** Opening Data in this exercise block **

-- ===== src/Socket/Queue/Message.antt =====
-- The header of a message, as it is written and as it is read.
use lz_lib.Base.{
  ℕ, suc, ◌^◌, ◌<◌, ◌≤◌, ◌≡◌, refl, sym, ap, ◌∙◌, Bool, true, false, some, List, [], ◌∷◌, ◌++◌,
  get_or, length, eq_bytes, ok, arith,
}
use lz_lib.Base.Int.{pos}
use lz_lib.Dict.Wire.{net_bytes, read_word}
use lz_lib.Dict.Wire.Entries.{length-net_bytes}
use lz_lib.Dict.Wire.Read.{read_word-net_bytes}
use lz_lib.Dict.Wire.Between.{net_bytes_same}
use lz_lib.Socket.Proto.{validate_header}
use lz_lib.Socket.Queue.{message_header}

pub length-message_header : (little : Bool) (l p : ℕ) → length (message_header little l p) ≡ 12
unfolding message_header net_bytes
length-message_header true l p = refl
length-message_header false l p = refl

version-message_header : (little : Bool) (l p : ℕ) → get_or (message_header little l p) 11 0 ≡ 42
unfolding message_header net_bytes
version-message_header true l p = refl
version-message_header false l p = refl

header_same :
    (one other : Bool) (l p : ℕ)
    → l < 2 ^ 32
    → p < 2 ^ 32
    → message_header one l p ≡ message_header other l p
unfolding message_header
header_same one other l p a b =
    ap (λ t. b':' ∷ (b'O' ∷ (0 ∷ (t ++ (net_bytes one p ++ (42 ∷ []))))))
      (net_bytes_same one other l a)
    ∙ ap (λ t. b':' ∷ (b'O' ∷ (0 ∷ (net_bytes other l ++ (t ++ (42 ∷ []))))))
        (net_bytes_same one other p b)

validate_header-own :
    (little : Bool) (l p : ℕ)
    → 0 < l
    → l ≤ 1048576
    → p ≤ 131072
    → validate_header little (message_header little l p) ≡ ok (some (l, p))
unfolding validate_header message_header eq_bytes
validate_header-own little l p some_bytes a b =
    let start : List ℕ = b':' ∷ (b'O' ∷ (0 ∷ [])) in
    let header = message_header little l p in
    let first : read_word little header (pos 3) ≡ ok l =
      read_word-net_bytes little header start (net_bytes little p ++ (42 ∷ [])) 3 l refl refl
        (omega arith) in
    let second : read_word little header (pos 7) ≡ ok p =
      read_word-net_bytes little header (start ++ net_bytes little l) (42 ∷ []) 7 p refl
        (ap (λ n. suc (suc (suc n))) (sym (length-net_bytes little l))) (omega arith) in
    let version = version-message_header little l p in rw (first, second) (ground (arith, version))

-- A header that was written on either target is taken on either, and gives its sizes.
pub validate_header-message_header :
    (one other : Bool) (l p : ℕ)
    → 0 < l
    → l ≤ 1048576
    → p ≤ 131072
    → validate_header other (message_header one l p) ≡ ok (some (l, p))
validate_header-message_header one other l p some_bytes a b =
    ap (validate_header other) (header_same one other l p (omega arith) (omega arith))
    ∙ validate_header-own other l p some_bytes a b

** Closing Data in this exercise block **

◆ **Work to be completed**
The number alone is wanted: how many lines of the records above include the string "Wire".

◆ **Answer space**
4